The performance review study was performed by Dr. Arnaud Uguen (MD, PhD, Department of Pathology of the Brest University Hospital, Brest, France) and Dr. Giancarlo Troncone (MD, PhD, Professor of Anatomic Pathology, University of Naples Federico II, Naples, Italy) and was published in the Journal of Clinical Pathology. It concerns a review of 18 original papers comparing the performance of the Idylla™ platform to other oncology molecular diagnostic methods commonly used in clinical practice today to determine biomarker status (BRAF, NRAS, KRAS and EGFR mutations) that drive frequently occurring cancers (i.e. melanoma, colorectal, lung, thyroid and pancreatic cancer2). The reviewed studies included 2,482 Idylla™ tests that were performed on tumor samples from 2,343 patients. For 2,378 samples, Idylla™ and reference method paired results were available for comparison.

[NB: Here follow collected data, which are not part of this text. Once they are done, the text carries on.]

-- ===== src/Decoding/Progress.antt =====
-- parallelChunkDecode.ts: an open queue does not come to a halt with tasks left.
use plug_node.Base.{
  ℕ, ◌≡◌, ◌≤◌, refl, subst, sym, ◌⊎◌, inl, inr, Bool, true, false, not, ◌&&◌, ◌||◌, List, [], ◌∷◌,
  ◌++◌, every, arith, Bool-cases, ◌==◌, ==_iff, ltb, at_if, and-true,
}
use plug_node.Decoding.Types.{
  Limits, Apply, apply_returns, apply_throws, apply_promises, Task, State, Effect, applies,
  reports_failure, Turn,
}
use plug_node.Decoding.{
  ◌>>=◌, has_decode, release, finish_drains, clear_pending_decodes, fail, apply_loop, take_task,
  begin_decode, pump_loop,
}
use plug_node.Decoding.Lazy.{clear-closed}

abbrev pub mem : ℕ → List ℕ → Bool
mem x [] = false
mem x (y ∷ ys) = (x == y) || mem x ys

-- A task that is taken is ready or decodes; ordered work, and a task that is cancelled, is ready.
abbrev pub is_fit : List ℕ → Task → Bool
is_fit decoding t =
    (not t.taken || (t.ready || mem t.id decoding))
    && ((has_decode t || t.ready) && (not t.cancelled || t.ready))

abbrev pub is_taken : Task → Bool
is_taken t = t.taken

abbrev pub head_waits : List Task → Bool
head_waits [] = true
head_waits (t ∷ ts) = not t.ready

-- Tasks that are left are taken, or as many decode as may.
abbrev pub Full : Limits → State → List Task → Type 0
Full l s ts = (every is_taken ts ≡ true) ⊎ (l.max_parallel ≤ s.active)

pub record Waits (l : Limits) (s : State) : Type 0 where
  pub covered : every (is_fit s.decoding) s.tasks ≡ true
  pub full : Full l s s.tasks

pub record Moves (l : Limits) (s : State) : Type 0 where
  pub waits : s.closed ≡ false → Waits l s
  pub headed : s.closed ≡ false → (s.applying ≡ true) ⊎ (head_waits s.tasks ≡ true)

pub shut-Moves : (l : Limits) (s : State) → s.closed ≡ true → Moves l s
shut-Moves l s shut = record {
  waits = λ live. absurd_closed s shut live;
  headed = λ live. absurd_closed s shut live;
}
  where
    absurd_closed : {P : Type 0} (s : State) → s.closed ≡ true → s.closed ≡ false → P
    absurd_closed s p q = cc

pub fail-Moves : (l : Limits) (report : Effect) (s : State) → Moves l (fail report s).0
unfolding fail
fail-Moves l report s = shut-Moves l _ (
    at_if (λ (r : Turn). r.0.closed ≡ true) s.closed (s, [])
      (clear_pending_decodes s >>= λ s. (s, report ∷ [])) (λ shut. shut) λ _. clear-closed s)

-- The parts of a state that the loops read.
pub record Same (s t : State) : Type 0 where
  pub active : t.active ≡ s.active
  pub decoding : t.decoding ≡ s.decoding
  pub closed : t.closed ≡ s.closed
  pub applying : t.applying ≡ s.applying
  pub tasks : t.tasks ≡ s.tasks

pub release-Same : (t : Task) (s : State) → Same s (release t s).0
unfolding release
release-Same t s = ground arith

pub finish_drains-Same : (s : State) → Same s (finish_drains s).0
unfolding finish_drains
finish_drains-Same s = ground arith

pub tail-Full :
    (l : Limits) (t : Task) (ts : List Task) (s r : State)
    → r.active ≡ s.active
    → Full l s (t ∷ ts)
    → Full l r ts
tail-Full l t ts s r e (inl all) = inl (ground (arith, all))
tail-Full l t ts s r e (inr busy) = inr (omega (arith, e, busy))

pub apply_loop-Moves :
    (l : Limits) (ts : List Task) (s : State)
    → every (is_fit s.decoding) ts ≡ true
    → Full l s ts
    → Moves l (apply_loop ts s).0
unfolding apply_loop
apply_loop-Moves l [] s c f = record {
  waits = λ _. record { covered = refl; full = inl refl };
  headed = λ _. inr refl;
}
apply_loop-Moves l (t ∷ ts) s c f =
    let a = release-Same t s in
    let here : State = record s { tasks = t ∷ ts } in
    let next = release t s >>= apply_loop ts in
    let rest : every (is_fit s.decoding) ts ≡ true = ground (arith, c) in
    let later : Moves l next.0 =
      apply_loop-Moves l ts (release t s).0
        (subst (λ d. every (is_fit d) ts ≡ true) (sym a.decoding) rest)
        (tail-Full l t ts s (release t s).0 a.active f) in
    at_if (λ (r : Turn). Moves l r.0) (not t.ready) (here, []) _
      (λ waits. record { waits = λ _. record { covered = c; full = f }; headed = λ _. inr waits })
      λ _.
        at_if (λ (r : Turn). Moves l r.0) t.cancelled _ _ (λ _. later)
          λ _.
            at_if (λ (r : Turn). Moves l r.0) t.failed _ _ (λ _. fail-Moves l reports_failure here)
              λ _. at_apply later t.apply
  where
    at_apply :
        Moves l (release t s >>= apply_loop ts).0
        → (a : Apply)
        → Moves l
            (elim a as (λ _. Turn) [
              | apply_returns ↦ (
                (release t s >>= apply_loop ts).0,
                applies t.id ∷ (release t s >>= apply_loop ts).1,
              )
              | apply_throws ↦
                  let r = fail reports_failure (record s { tasks = t ∷ ts }) in
                  (r.0, applies t.id ∷ r.1)
              | apply_promises ↦ (record s { tasks = t ∷ ts; applying = true }, applies t.id ∷ [])
            ]).0
    at_apply later apply_returns = later
    at_apply later apply_throws = fail-Moves l reports_failure (record s { tasks = t ∷ ts })
    at_apply later apply_promises = record {
      waits = λ _. record { covered = c; full = f };
      headed = λ _. inl refl;
    }

mem-append : (x : ℕ) (ys zs : List ℕ) → mem x (ys ++ zs) ≡ (mem x ys || mem x zs)
mem-append x [] zs = refl
mem-append x (y ∷ ys) zs = ground (arith, mem-append x ys zs)

take_task-taken : (t : Task) → (take_task t).taken ≡ true
unfolding take_task
take_task-taken t = ground arith

-- A decode that begins leaves the others under way.
begin_decode-mem :
    (t : Task) (s : State) (x : ℕ)
    → mem x s.decoding ≡ true
    → mem x (begin_decode t s).0.decoding ≡ true
unfolding begin_decode
begin_decode-mem t s x h = ground (arith, mem-append x s.decoding (t.id ∷ []), h)

pump_loop-mem :
    (l : Limits) (ts : List Task) (s : State) (x : ℕ)
    → mem x s.decoding ≡ true
    → mem x (pump_loop l ts s).1.0.decoding ≡ true
unfolding pump_loop
pump_loop-mem l [] s x h = h
pump_loop-mem l (t ∷ ts) s x h =
    at_if (λ (r : List Task × Turn). mem x r.1.0.decoding ≡ true) t.taken _ _
      (λ _. pump_loop-mem l ts s x h)
      λ _.
        at_if (λ (r : List Task × Turn). mem x r.1.0.decoding ≡ true) (ltb s.active l.max_parallel)
          _ _ (λ _. pump_loop-mem l ts (begin_decode t s).0 x (begin_decode-mem t s x h)) λ _. h

grown-fit :
    (d e : List ℕ) (t : Task)
    → ((x : ℕ) → mem x d ≡ true → mem x e ≡ true)
    → is_fit d t ≡ true
    → is_fit e t ≡ true
grown-fit d e t grows h = elim (Bool-cases (mem t.id d)) [
  | inl there ↦ let k = grows t.id there in ground (arith, h, k)
  | inr missing ↦ ground (arith, h, missing)
]

grown-every :
    (d e : List ℕ) (ts : List Task)
    → ((x : ℕ) → mem x d ≡ true → mem x e ≡ true)
    → every (is_fit d) ts ≡ true
    → every (is_fit e) ts ≡ true
grown-every d e [] grows h = refl
grown-every d e (t ∷ ts) grows h =
    let (first, rest) = and-true (is_fit d t) (every (is_fit d) ts) h in
    rw (grown-fit d e t grows first, grown-every d e ts grows rest) refl

take_task-fit :
    (t : Task) (s : State)
    → is_fit s.decoding t ≡ true
    → is_fit (begin_decode t s).0.decoding (take_task t) ≡ true
unfolding take_task begin_decode
take_task-fit t s h = ground (arith, h, mem-append t.id s.decoding (t.id ∷ []), ==_iff t.id t.id)

pub pump_loop-covered :
    (l : Limits) (ts : List Task) (s : State)
    → every (is_fit s.decoding) ts ≡ true
    → every (is_fit (pump_loop l ts s).1.0.decoding) (pump_loop l ts s).0 ≡ true
unfolding pump_loop
pump_loop-covered l [] s c = refl
pump_loop-covered l (t ∷ ts) s c =
    let Goal : List Task × Turn → Type 0 = λ r. every (is_fit r.1.0.decoding) r.0 ≡ true in
    let (first, rest) = and-true (is_fit s.decoding t) (every (is_fit s.decoding) ts) c in
    let b = (begin_decode t s).0 in
    at_if Goal t.taken _ _
      (λ _.
        let kept =
          grown-fit s.decoding (pump_loop l ts s).1.0.decoding t (pump_loop-mem l ts s) first in
        rw (kept, pump_loop-covered l ts s rest) refl)
      λ _.
        at_if Goal (ltb s.active l.max_parallel) _ _
          (λ _.
            let begun =
              grown-fit b.decoding (pump_loop l ts b).1.0.decoding (take_task t)
                (pump_loop-mem l ts b) (take_task-fit t s first) in
            let others = grown-every s.decoding b.decoding ts (begin_decode-mem t s) rest in
            rw (begun, pump_loop-covered l ts b others) refl)
          λ _. c

pub pump_loop-Full :
    (l : Limits) (ts : List Task) (s : State) → Full l (pump_loop l ts s).1.0 (pump_loop l ts s).0
unfolding pump_loop
pump_loop-Full l [] s = inl refl
pump_loop-Full l (t ∷ ts) s =
    let Goal : List Task × Turn → Type 0 = λ r. Full l r.1.0 r.0 in
    at_if Goal t.taken _ _ (λ past. cons-Full t (pump_loop l ts s) past (pump_loop-Full l ts s))
      λ _.
        at_if Goal (ltb s.active l.max_parallel) _ _
          (λ _.
            cons-Full (take_task t) (pump_loop l ts (begin_decode t s).0) (take_task-taken t)
              (pump_loop-Full l ts (begin_decode t s).0))
          λ busy. inr (ground (arith, busy))
  where
    cons-Full :
        (u : Task) (r : List Task × Turn)
        → u.taken ≡ true
        → Full l r.1.0 r.0
        → Full l r.1.0 (u ∷ r.0)
    cons-Full u r past (inl all) = inl (ground (arith, past, all))
    cons-Full u r past (inr busy) = inr busy
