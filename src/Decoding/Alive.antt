-- ===== src/Decoding/Alive.antt =====
-- parallelChunkDecode.ts: what an open queue waits for, over its events.
use plug_node.Base.{
  ℕ, ◌+◌, ◌≡◌, refl, sym, ◌∙◌, inl, Bool, true, false, ◌&&◌, ◌||◌, List, [], ◌∷◌, ◌++◌, map, every,
  arith, ltb, if◌then◌else◌, at_if, and-true,
}
use plug_node.Decoding.Types.{
  Limits, Decode, no_decode, decode_throws, decode_promises, Apply, Task, State, reports_limit,
  Turn,
}
use plug_node.Decoding.{
  ◌>>=◌, finish_drains, apply_loop, apply_ready, pump, new_task, enqueue, Accumulated, reserve,
  enqueue_decode_then_ordered,
}
use plug_node.Decoding.Progress.{
  is_fit, Waits, Moves, fail-Moves, Same, finish_drains-Same, apply_loop-Moves, pump_loop-covered,
  pump_loop-Full,
}

pub Same-Moves : (l : Limits) (s t : State) → Same s t → Moves l s → Moves l t
Same-Moves l s t e m = record {
  waits = λ live.
      let w = m.waits (sym e.closed ∙ live) in
      record { covered = rw (e.decoding, e.tasks) w.covered; full = rw (e.active, e.tasks) w.full };
  headed = λ live. rw (e.applying, e.tasks) (m.headed (sym e.closed ∙ live));
}

pub apply_ready-Moves :
    (l : Limits) (s : State) → (s.closed ≡ false → Waits l s) → Moves l (apply_ready s).0
unfolding apply_ready
apply_ready-Moves l s w =
    at_if (λ (r : Turn). Moves l r.0) (s.applying || s.closed) _ _
      (λ held. record { waits = w; headed = λ live. inl (ground (arith, held, live)) })
      λ free.
        let live : s.closed ≡ false = ground (arith, free) in
        let r = apply_loop s.tasks s in
        Same-Moves l r.0 (finish_drains r.0).0 (finish_drains-Same r.0)
          (apply_loop-Moves l s.tasks s (w live).covered (w live).full)

pump-Waits :
    (l : Limits) (s : State)
    → (s.closed ≡ false → every (is_fit s.decoding) s.tasks ≡ true)
    → (pump l s).0.closed ≡ false
    → Waits l (pump l s).0
unfolding pump
pump-Waits l s c =
    at_if (λ (r : Turn). r.0.closed ≡ false → Waits l r.0) s.closed _ _
      (λ shut live. absurd_closed s shut live)
      λ open_now live. record {
        covered = pump_loop-covered l s.tasks s (c open_now);
        full = pump_loop-Full l s.tasks s;
      }
  where
    absurd_closed : {P : Type 0} (s : State) → s.closed ≡ true → s.closed ≡ false → P
    absurd_closed s p q = cc

-- The end of the calls that take in work: `pump`, then `applyReady`.
pub pumped-Moves :
    (l : Limits) (s : State)
    → (s.closed ≡ false → every (is_fit s.decoding) s.tasks ≡ true)
    → Moves l (pump l s >>= apply_ready).0
pumped-Moves l s c = apply_ready-Moves l (pump l s).0 (pump-Waits l s c)

pub every-append :
    (test : Task → Bool) (ts us : List Task)
    → every test (ts ++ us) ≡ (every test ts && every test us)
every-append test [] us = refl
every-append test (t ∷ ts) us = ground (arith, every-append test ts us)

pub every-map :
    (test : Task → Bool) (f : Task → Task) (ts : List Task)
    → ((t : Task) → test t ≡ true → test (f t) ≡ true)
    → every test ts ≡ true
    → every test (map f ts) ≡ true
every-map test f [] keeps h = refl
every-map test f (t ∷ ts) keeps h =
    let (first, rest) = and-true (test t) (every test ts) h in
    rw (keeps t first, every-map test f ts keeps rest) refl

new_task-fit :
    (decoding : List ℕ) (id : ℕ) (d : Decode) (a : Apply) (bytes : ℕ)
    → is_fit decoding (new_task id d a bytes) ≡ true
unfolding new_task
new_task-fit decoding id no_decode a bytes = refl
new_task-fit decoding id decode_throws a bytes = refl
new_task-fit decoding id decode_promises a bytes = refl

pub enqueue-Moves :
    (l : Limits) (d : Decode) (a : Apply) (bytes : ℕ) (s : State)
    → Moves l s
    → Moves l (enqueue l d a bytes s).0
unfolding enqueue
enqueue-Moves l d a bytes s m =
    at_if (λ (r : Turn). Moves l r.0) s.closed _ _ (λ _. m)
      λ live. pumped-Moves l _ λ _. ground (
        arith,
        every-append (is_fit s.decoding) s.tasks (new_task s.next_id d a bytes ∷ []),
        (m.waits live).covered,
        new_task-fit s.decoding s.next_id d a bytes,
      )

reserve-Moves : (l : Limits) (bytes : ℕ) (s : State) → Moves l s → Moves l (reserve bytes s)
unfolding reserve
reserve-Moves l bytes s m =
    Same-Moves l s _
      (record { active = refl; decoding = refl; closed = refl; applying = refl; tasks = refl }) m

pub chunk-Moves :
    (l : Limits) (acc : Accumulated) (throws : Bool) (a : Apply) (bytes : ℕ) (s : State)
    → Moves l s
    → Moves l (enqueue_decode_then_ordered l acc throws a bytes s).0
unfolding enqueue_decode_then_ordered
chunk-Moves l acc throws a bytes s m =
    at_if (λ (r : Turn). Moves l r.0) s.closed _ _ (λ _. m)
      λ _.
        at_if (λ (r : Turn). Moves l r.0)
          (ltb l.max_frames (s.pending_frames + acc.frames + 1)
            || ltb l.max_bytes (s.pending_bytes + acc.bytes + bytes))
          _
          (enqueue l (if throws then decode_throws else decode_promises) a bytes (reserve bytes s))
          (λ _. fail-Moves l reports_limit s)
          λ _. enqueue-Moves l _ a bytes (reserve bytes s) (reserve-Moves l bytes s m)
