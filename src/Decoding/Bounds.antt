-- ===== src/Decoding/Bounds.antt =====
-- parallelChunkDecode.ts: what the queue holds at once.
use plug_node.Base.{
  length-erase_idx, at_if, ℕ, ◌+◌, ◌≡◌, ◌≤◌, ◌<◌, ap, subst, sym, inl, inr, Bool, true, false, List,
  [], ◌∷◌, map, arith, ◌∙◌, ltb, ltb→lt, if◌then◌else◌, Option-cases, ◌||◌, length, length-append,
  get_elem?,
}
use plug_node.Decoding.Types.{
  Limits, Decode, no_decode, decode_throws, decode_promises, Apply, Task, State, Effect,
  reports_failure, reports_limit, Turn, init,
}
use plug_node.Decoding.{
  ◌>>=◌, release, finish_drains, release_all, clear_pending_decodes, fail, apply_loop, apply_ready,
  begin_decode, pump_loop, pump, enqueue, enqueue_ordered_work, Accumulated, reserve,
  enqueue_decode_then_ordered, drain_ordered_work, complete, release_where, cancel_where, cancel,
  drop_head, applied, Event, enqueues_work, enqueues_chunk, decoded, apply_settles, aborts, drains,
  clears, step, run,
}

-- The queue within its limits.
pub record IsValid (l : Limits) (s : State) : Type 0 where
  pub counted : s.active ≡ length s.decoding
  pub parallel : s.active ≤ l.max_parallel
  pub frames : s.pending_frames ≤ l.max_frames
  pub bytes : s.pending_bytes ≤ l.max_bytes

-- A turn that decodes as before, and reserves no more.
record Keeps (s t : State) : Type 0 where
  active : t.active ≡ s.active
  decoding : t.decoding ≡ s.decoding
  frames : t.pending_frames ≤ s.pending_frames
  bytes : t.pending_bytes ≤ s.pending_bytes

release-Keeps : (t : Task) (s : State) → Keeps s (release t s).0
unfolding release
release-Keeps t s = ground arith

finish_drains-Keeps : (s : State) → Keeps s (finish_drains s).0
unfolding finish_drains
finish_drains-Keeps s = ground arith

release_all-Keeps : (ts : List Task) (s : State) → Keeps s (release_all ts s).0
unfolding release_all
release_all-Keeps [] s = ground arith
release_all-Keeps (t ∷ ts) s =
    ground (arith, release-Keeps t s, release_all-Keeps ts (release t s).0)

clear-Keeps : (s : State) → Keeps s (clear_pending_decodes s).0
unfolding clear_pending_decodes
clear-Keeps s =
    let r = release_all s.tasks (record s { closed = true; tasks = [] }) in
    ground (
      arith,
      release_all-Keeps s.tasks (record s { closed = true; tasks = [] }),
      finish_drains-Keeps r.0,
    )

fail-Keeps : (report : Effect) (s : State) → Keeps s (fail report s).0
unfolding fail
fail-Keeps report s = ground (arith, clear-Keeps s)

apply_loop-Keeps : (ts : List Task) (s : State) → Keeps s (apply_loop ts s).0
unfolding apply_loop
apply_loop-Keeps [] s = ground arith
apply_loop-Keeps (t ∷ ts) s = ground (
  arith,
  release-Keeps t s,
  apply_loop-Keeps ts (release t s).0,
  fail-Keeps reports_failure (record s { tasks = t ∷ ts }),
)

apply_ready-Keeps : (s : State) → Keeps s (apply_ready s).0
unfolding apply_ready
apply_ready-Keeps s =
    ground (arith, apply_loop-Keeps s.tasks s, finish_drains-Keeps (apply_loop s.tasks s).0)

Keeps-IsValid : (l : Limits) {s t : State} → IsValid l s → Keeps s t → IsValid l t
Keeps-IsValid l v k = record {
  counted = k.active ∙ v.counted ∙ ap length (sym k.decoding);
  parallel = omega (arith, v.parallel, k.active);
  frames = omega (arith, v.frames, k.frames);
  bytes = omega (arith, v.bytes, k.bytes);
}

begin_decode-IsValid :
    (l : Limits) (t : Task) (s : State)
    → IsValid l s
    → s.active < l.max_parallel
    → IsValid l (begin_decode t s).0
unfolding begin_decode
begin_decode-IsValid l t s v room = ground (arith, length-append s.decoding (t.id ∷ []))

pump_loop-IsValid :
    (l : Limits) (ts : List Task) (s : State) → IsValid l s → IsValid l (pump_loop l ts s).1.0
unfolding pump_loop
pump_loop-IsValid l [] s v = v
pump_loop-IsValid l (t ∷ ts) s v =
    let valid : List Task × Turn → Type 0 = λ r. IsValid l r.1.0 in
    at_if valid t.taken _ _ (λ _. pump_loop-IsValid l ts s v)
      λ _.
        at_if valid (ltb s.active l.max_parallel) _ _
          (λ room.
            pump_loop-IsValid l ts (begin_decode t s).0
              (begin_decode-IsValid l t s v (ltb→lt _ _ room)))
          λ _. v

pump-IsValid : (l : Limits) (s : State) → IsValid l s → IsValid l (pump l s).0
unfolding pump
pump-IsValid l s v =
    at_if (λ (r : Turn). IsValid l r.0) s.closed _ _ (λ _. v)
      λ _.
        let w = pump_loop-IsValid l s.tasks s v in
        record { counted = w.counted; parallel = w.parallel; frames = w.frames; bytes = w.bytes }

pump_then-IsValid : (l : Limits) (s : State) → IsValid l s → IsValid l (pump l s >>= apply_ready).0
pump_then-IsValid l s v = Keeps-IsValid l (pump-IsValid l s v) (apply_ready-Keeps (pump l s).0)

enqueue-IsValid :
    (l : Limits) (d : Decode) (a : Apply) (bytes : ℕ) (s : State)
    → IsValid l s
    → IsValid l (enqueue l d a bytes s).0
unfolding enqueue
enqueue-IsValid l d a bytes s v =
    at_if (λ (r : Turn). IsValid l r.0) s.closed _ _ (λ _. v)
      λ _.
        pump_then-IsValid l _ (record {
          counted = v.counted;
          parallel = v.parallel;
          frames = v.frames;
          bytes = v.bytes;
        })

enqueue_decode_then_ordered-IsValid :
    (l : Limits) (acc : Accumulated) (throws : Bool) (a : Apply) (bytes : ℕ) (s : State)
    → IsValid l s
    → IsValid l (enqueue_decode_then_ordered l acc throws a bytes s).0
unfolding enqueue_decode_then_ordered reserve
enqueue_decode_then_ordered-IsValid l acc throws a bytes s v =
    at_if (λ (r : Turn). IsValid l r.0) s.closed _ _ (λ _. v)
      λ _.
        at_if (λ (r : Turn). IsValid l r.0)
          (ltb l.max_frames (s.pending_frames + acc.frames + 1)
            || ltb l.max_bytes (s.pending_bytes + acc.bytes + bytes))
          _
          (enqueue l (if throws then decode_throws else decode_promises) a bytes (reserve bytes s))
          (λ _. Keeps-IsValid l v (fail-Keeps reports_limit s))
          λ fits. enqueue-IsValid l _ a bytes (reserve bytes s) (ground (arith, v, fits))

complete-IsValid :
    (l : Limits) (k : ℕ) (failed : Bool) (s : State)
    → IsValid l s
    → IsValid l (complete l k (get_elem? s.decoding k) failed s).0
unfolding complete
complete-IsValid l k failed s v = elim (Option-cases (get_elem? s.decoding k)) [
  | inl missing ↦ subst (λ o. IsValid l (complete l k o failed s).0) (sym missing) v
  | inr (id, found) ↦
      subst (λ o. IsValid l (complete l k o failed s).0) (sym found)
        (pump_then-IsValid l _ (record {
          counted = omega (arith, v.counted, length-erase_idx s.decoding k found);
          parallel = omega (arith, v.parallel);
          frames = v.frames;
          bytes = v.bytes;
        }))
]

release_where-Keeps : (id : ℕ) (ts : List Task) (s : State) → Keeps s (release_where id ts s).0
unfolding release_where
release_where-Keeps id [] s = ground arith
release_where-Keeps id (t ∷ ts) s = ground (
  arith,
  release-Keeps t s,
  release_where-Keeps id ts (release t s).0,
  release_where-Keeps id ts s,
)

cancel-Keeps : (id : ℕ) (s : State) → Keeps s (cancel id s).0
unfolding cancel
cancel-Keeps id s =
    let r = release_where id s.tasks s in
    ground (
      arith,
      release_where-Keeps id s.tasks s,
      apply_ready-Keeps (record r.0 { tasks = map (cancel_where id) s.tasks }),
    )

drop-Keeps : (ts : List Task) (s : State) → Keeps s (drop_head (record s { tasks = ts })).0
unfolding drop_head
drop-Keeps [] s = ground arith
drop-Keeps (t ∷ ts) s = ground (arith, release-Keeps t (record s { tasks = ts }))

drop_head-Keeps : (s : State) → Keeps s (drop_head s).0
drop_head-Keeps s = drop-Keeps s.tasks s

applied-Keeps : (failed : Bool) (s : State) → Keeps s (applied failed s).0
unfolding applied
applied-Keeps failed s =
    let still : State = record s { applying = false } in
    let a = drop_head still in
    let b = apply_ready a.0 in
    ground (
      arith,
      fail-Keeps reports_failure still,
      drop_head-Keeps still,
      apply_ready-Keeps a.0,
      finish_drains-Keeps b.0,
    )

step-IsValid : (l : Limits) (e : Event) (s : State) → IsValid l s → IsValid l (step l e s).0
unfolding step enqueue_ordered_work drain_ordered_work
step-IsValid l (enqueues_work a) s v = enqueue-IsValid l no_decode a 0 s v
step-IsValid l (enqueues_chunk acc throws a bytes) s v =
    enqueue_decode_then_ordered-IsValid l acc throws a bytes s v
step-IsValid l (decoded k failed) s v = complete-IsValid l k failed s v
step-IsValid l (apply_settles failed) s v = Keeps-IsValid l v (applied-Keeps failed s)
step-IsValid l (aborts id) s v = Keeps-IsValid l v (cancel-Keeps id s)
step-IsValid l drains s v = Keeps-IsValid l v (ground arith)
step-IsValid l clears s v = Keeps-IsValid l v (clear-Keeps s)

run-IsValid : (l : Limits) (es : List Event) (s : State) → IsValid l s → IsValid l (run l es s).0
unfolding run
run-IsValid l [] s v = v
run-IsValid l (e ∷ es) s v = run-IsValid l es (step l e s).0 (step-IsValid l e s v)

-- From a new queue, whatever the events: `active` counts the decodes that are under way, at most
-- `maxParallel` of them, and the frames and bytes that are reserved stay within their limits.
pub run-IsValid-init : (l : Limits) (es : List Event) → IsValid l (run l es init).0
unfolding init
run-IsValid-init l es = run-IsValid l es init (ground arith)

Results showed that out of the nearly 2,500 Idylla™ tests, 98.1% of the tests generated a valid result. The 1.9% invalid results generated with Idylla™ is approx. 40% lower than the included reference methods, which showed invalid results in 3.1% of the cases. Furthermore, the study showed an excellent concordance rate of 94.8% between Idylla™ and the reference methods. Further testing of the discordant cases (5.2%) with a third method confirmed the Idylla™ result in more than half of the cases (54.8%).
Dr. Arnaud Uguen, MD PhD, Department of Pathology of the Brest University Hospital, Brest, France, commented: “Data generated by the studies listed in our review demonstrate the high accuracy of the Idylla™ platform to test for actionable BRAF, NRAS, KRAS and EGFR mutations in different cancers, underlining the cost-effectiveness of Idylla™ testing compared to other molecular methods. Being rapid and easy to use, the Idylla™ platform can be used as a first-line diagnostic tool to reduce turnaround time, while a second-line more comprehensive Next Generation Sequencing (NGS) analysis can be carried out to provide additional information for the future management of patients.”